Likewise, the relationship that Tyrion wants isn’t just the “girlfriend experience” he asks for in the show.- It’s explicitly described that Tyrion’s relationship with Shae is based on his disability: “Be certain that you tell her who I am, and warn her of what I am…there was a look the girls got in their eyes sometimes when they first beheld the lordling they’d been hired to pleasure…a look that Tyrion Lannister did not ever care to see again.” Indeed, Tyrion tests this with his wordplay about her former paramour and reacts to her nickname of “my giant of Lannister” with pleasure, remarking that “for a time, she almost made him believe it.” This is why Shae’s perjured testimony about Tyrion’s treason hurts far less than the revelations about his sexual practices and especially that nick-name.
The War of Five Kings – The Battle of the Green Fork
On to the battle – and what a battle this is. Re-reading this chapter has been a fascinating experience, because this battle made absolutely no sense to me the first time I read it. Indeed, for the longest time, I was under the misunderstanding that this battle was a contested east-west crossing of the Green Fork even though the battle takes place on a north-south orientation, such was my confusion. Now that I have re-read the chapter, I understand it much more clearly and I think the confusion is intentional for several reasons. I have to thank Brynden BFish for his excellent work on the battle itself and the question of Roose’s treason, which helped to crystallize some of my inchoate thoughts. I hope my analysis adds to his work, as for once I don’t have a contrary opinion.

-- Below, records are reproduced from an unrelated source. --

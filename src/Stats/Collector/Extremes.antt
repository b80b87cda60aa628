-- ===== src/Stats/Collector/Extremes.antt =====
-- The invariant of a gauge of internal/wait0/stats/collector.go and its goroutines.
use wait.Base.{ℕ, ◌%◌, ◌≤◌, ◌≡◌, refl, List, [], ◌∷◌, ◌++◌, two64, max_uint64, arith}
use wait.Stats.Collector.{
  Gauge, Pc, System, Step, call, move, Reach, here, later, new_gauge, begin, advance,
}
use wait.Stats.Collector.Folds.{
  sum_of, least, greatest, sum_of-move, least-le, le-least, least-same, le-greatest, greatest-le,
  greatest-same,
}
use wait.Stats.Collector.Counts.{
  value, counted, added, low_done, high_done, gap, Moves, Keeps, advance-Moves,
}

-- The count and the total are those of the operations done; the minimum is no less than the least
-- size that is being observed, and no more than one whose loop is left; so with the maximum.
pub record IsGauge (g : Gauge) (ts : List Pc) : Type 0 where
  pub counts : g.count ≡ sum_of counted ts % two64
  pub adds : g.total ≡ sum_of added ts % two64
  pub low_from : least value ts ≤ g.min
  pub low_kept : g.min ≤ least low_done ts
  pub high_from : g.max ≤ greatest value ts
  pub high_kept : greatest high_done ts ≤ g.max
  pub planned : greatest gap ts ≤ 0
  pub min_small : g.min ≤ max_uint64

start-IsGauge : IsGauge new_gauge []
unfolding sum_of least greatest
start-IsGauge = record {
  counts = refl;
  adds = refl;
  low_from = omega arith;
  low_kept = omega arith;
  high_from = omega arith;
  high_kept = omega arith;
  planned = omega arith;
  min_small = omega arith;
}

call-IsGauge : (g : Gauge) (ts : List Pc) (n : ℕ) → IsGauge g ts → IsGauge g (begin n ∷ ts)
unfolding sum_of least greatest begin value counted added low_done high_done gap
call-IsGauge g ts n ok = ground arith

module _ (g : Gauge) (xs : List Pc) (pc : Pc) (ys : List Pc) (ok : IsGauge g (xs ++ pc ∷ ys)) where
  keeps : Keeps g pc
  keeps = record {
    count_small = omega (arith, ok.counts);
    total_small = omega (arith, ok.adds);
    min_small = ok.min_small;
    low_kept = omega (arith, ok.low_kept, least-le low_done xs pc ys);
    high_kept = omega (arith, ok.high_kept, le-greatest high_done xs pc ys);
    planned = omega (arith, ok.planned, le-greatest gap xs pc ys);
  }

  Moves-IsGauge : (g' : Gauge) (pc' : Pc) → Moves g pc g' pc' → IsGauge g' (xs ++ pc' ∷ ys)
  Moves-IsGauge g' pc' m =
      let same_low = least-same value xs pc pc' ys (omega (arith, m.observes)) in
      let same_high = greatest-same value xs pc pc' ys (omega (arith, m.observes)) in
      record {
        counts = omega (arith, m.counts, m.counts_up, ok.counts, sum_of-move counted xs pc pc' ys);
        adds = omega (arith, m.adds, m.adds_up, ok.adds, sum_of-move added xs pc pc' ys);
        low_from = ground (arith, m.low_from, ok.low_from, same_low, least-le value xs pc ys);
        low_kept =
            le-least low_done g'.min xs pc pc' ys (omega (arith, m.low, ok.low_kept)) m.low_kept;
        high_from =
            ground (arith, m.high_from, ok.high_from, same_high, le-greatest value xs pc ys);
        high_kept =
            greatest-le high_done g'.max xs pc pc' ys (omega (arith, m.high, ok.high_kept))
              m.high_kept;
        planned = greatest-le gap 0 xs pc pc' ys ok.planned m.planned;
        min_small = omega (arith, m.low, ok.min_small);
      }

  move-IsGauge : IsGauge (advance g pc).0 (xs ++ (advance g pc).1 ∷ ys)
  move-IsGauge = Moves-IsGauge (advance g pc).0 (advance g pc).1 (advance-Moves g pc keeps)

Step-IsGauge : {s t : System} → Step s t → IsGauge s.gauge s.threads → IsGauge t.gauge t.threads
Step-IsGauge (call s n) ok = call-IsGauge s.gauge s.threads n ok
Step-IsGauge (move g xs pc ys) ok = move-IsGauge g xs pc ys ok

pub Reach-IsGauge : {s : System} → Reach s → IsGauge s.gauge s.threads
Reach-IsGauge here = start-IsGauge
Reach-IsGauge (later r st) = Step-IsGauge st (Reach-IsGauge r)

To begin with, I am only further convinced of my theory that Roose Bolton deliberately botched this battle. Re-reading the chapter’s description of the pre-battle operations, we learn two things: first, Brynden Tully’s mission to ensure that “Addam Marbrand…will not know when we split” was absolutely successful, as the Lannisters learn from “Ser Addam’s outriders [that] the Stark host has moved south from the Twins…Lord Frey’s levies have joined them. They are likely no more than a day’s march north of us.” In other words, Stark scouting operations on the right bank of the Green Flank don’t seem to have failed. This is confirmed by the second fact, which is that it’s not the case that Marbrand detected Roose on his night march. Rather, when “the horns called through the night, wild and urgent, a cry that said hurry, hurry, hurry,” the Lannister host was *surprised* by the movement and only discovered Bolton’s forces when they saw “his host…less than a mile north of here, forming up in battle array.” This last point is crucial.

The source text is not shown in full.